Have you ever experienced a situation where you waited almost half an hour for a bus, only to find that the bus is actually crowded when it arrives? After spending some time in Nanyang Technological University (NTU), we, a group of NTU students found this situation to be very frustrating -- we could have walked if we knew that the bus is going to be crowded! This made us wonder -- is there a way for us to tell whether a bus is crowded? Can this feature be integrated into the current NTU bus app? We could have installed an infrared sensor (like what they do at SBS buses), but we thought that we can make do with what we have now in the buses -- the bus camera footages.
What it does
We attempt to develop a method to predict how many people are currently in the bus using the bus camera footages, and then this information can be relayed to the app users. With this information, app users can tell whether a bus is crowded or not and thus decide whether or not it is worth the wait!
How we built it
Using the bus camera footages, we developed a computer vision system which would be able to recognise the objects in the footages, using yolo. The footages would be decomposed into frames (which are technically images), and we use these individual frames for object recognition. By recognising the object
Person in the frame, we would be able to count how many people are in the bus, and thus giving us insight about how crowded the bus is.
Challenges we ran into
It was our first time trying to develop a computer vision system, and the modules were foreign to us! Learning definitely took a big portion of the time spent into this project, and was a really satisfying process. We also faced issues with the suitability of the footages used, as the camera systems used in the buses are definitely not the best available out there. The low resolution of the footages posed a challenge to our recognition system and thus compelled us to explore how we can preprocess the images before being used for object recognition. We also attempted to optimise the algorithms available out there in order to yield better results. In addition, we also took video ourselves in order to train our model better.

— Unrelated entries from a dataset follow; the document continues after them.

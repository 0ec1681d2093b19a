-- ===== src/Netlink/Table.antt =====
-- `decode_nlattr` of src/nl_decode_common.c: the table of attributes by type that every decoder
-- fills first.
use flower_route.Base.{
  ℕ, ◌≤◌, ◌≡◌, refl, ◌∙◌, Bool, true, false, Option, none, some, List, [], ◌∷◌, ◌==◌, if◌then◌else◌,
}
use flower_route.Ret.{Ret, ok, error}
use flower_route.Netlink.{Payload, Attrs, end, attr, DataType, unspec, Callback, each, Mnl}

-- `const struct nlattr **tb`; NULL is `none`.
abbrev pub AttrTable : Type 0
AttrTable = ℕ → Option Payload

abbrev pub empty_table : AttrTable
empty_table _ = none

-- `struct type_map`, by attribute type; what the initialiser leaves out is `MNL_TYPE_UNSPEC`.
abbrev pub TypeMap : Type 0
TypeMap = ℕ → DataType

abbrev pub type_map : List (ℕ × DataType) → TypeMap
type_map [] type = unspec
type_map ((t, d) ∷ rest) type = if type == t then d else type_map rest type

abbrev pub is_unspec : DataType → Bool
is_unspec unspec = true
is_unspec _ = false

abbrev pub store : ℕ → Payload → AttrTable → AttrTable
store type payload tb t = if t == type then some payload else tb t

module _ (m : Mnl) (max : ℕ) (typemap : TypeMap) where
  unfoldable pub decode_nlattr : Callback AttrTable
  decode_nlattr type payload tb =
      if m.type_valid type max
      then (if is_unspec (typemap type)
          then ok tb
          else if m.validate payload (typemap type)
          then ok (store type payload tb)
          else error)
      else ok tb

  -- `mnl_attr_parse_nested(attr, decode_nlattr_.._cb, tb)`.
  unfoldable pub parse_table : Attrs → Ret AttrTable
  unfolding decode_nlattr
  parse_table list = m.parse decode_nlattr list empty_table

  -- An attribute that the map knows and whose payload is of the kind that the map says.
  abbrev pub Valid : ℕ → Payload → Type 0
  Valid type payload =
      (type ≤ max) × (is_unspec (typemap type) ≡ false) × (m.validate payload (typemap type) ≡ true)

  abbrev pub AllValid : Attrs → Type 0
  AllValid end = Unit
  AllValid (attr type payload list) = Valid type payload × AllValid list

abbrev pub fill : Attrs → AttrTable → AttrTable
fill end tb = tb
fill (attr type payload list) tb = fill list (store type payload tb)

module _ (m : Mnl) (max : ℕ) (typemap : TypeMap) where
  each-fill :
      (list : Attrs) (tb : AttrTable)
      → AllValid m max typemap list
      → each (decode_nlattr m max typemap) list tb ≡ ok (fill list tb)
  unfolding decode_nlattr
  each-fill end tb v = refl
  each-fill (attr type payload list) tb v =
      rw (m.type_valid_le type max v.0.0, v.0.1, v.0.2) (each-fill list (store type payload tb) v.1)

  -- A message of attributes that the map knows, with payloads of the map's types, fills the table
  -- with all of them, the last of each type.
  pub parse_table-fill :
      (list : Attrs)
      → AllValid m max typemap list
      → parse_table m max typemap list ≡ ok (fill list empty_table)
  unfolding parse_table
  parse_table-fill list v = m.parse_each _ list empty_table ∙ each-fill list empty_table v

Accomplishments that we're proud of
We're very proud to be able to have a working prototype of this object recognition model! We are able to pass in a video into the model, and by specifying the frame rate, the model is able to return us the number of people at each frame. This is heartening as this is an evidence that our idea is feasible -- we can predict the crowd using bus videos! We also made the model to work with live webcam as well, so it is very possible to do the object recognition on the fly.
What we learned
What did we learn? It's not easy to pinpoint a single thing as this hackathon was a learning process in itself. The ideation process was challenging as we had to ask ourselves what societal problem can we address using a technological solution. In the end, we decided on a problem close to our hearts -- NTU buses. We ventured into an unknown field, object recognition, and we had to self-learn how object recognition is usually done in this field. It was a valuable learning opportunity to learn how images and videos are processed in Python (i.e. opencv), as well as how we can use yolo weights and helping functions to recognise the objects in a given image.
There are so many exciting things that we can explore in this project, which we would love to explore if given more time. We believe there are still many ways in which we can optimize our algorithm to give better predictions, knowing that camera systems in buses do not have the best video resolutions. Or could we take an incremental approach from the bus door's perspective to calculate number of people coming in and out? We can also extend this project so that we do not only predict crowd in buses, but perhaps also at the bus stops, as this information would be able to us how many people would get on board a bus at a given stop. We also wanted to explore if we can develop a forecasting model in which we can predict how crowded it would be at a given day and time.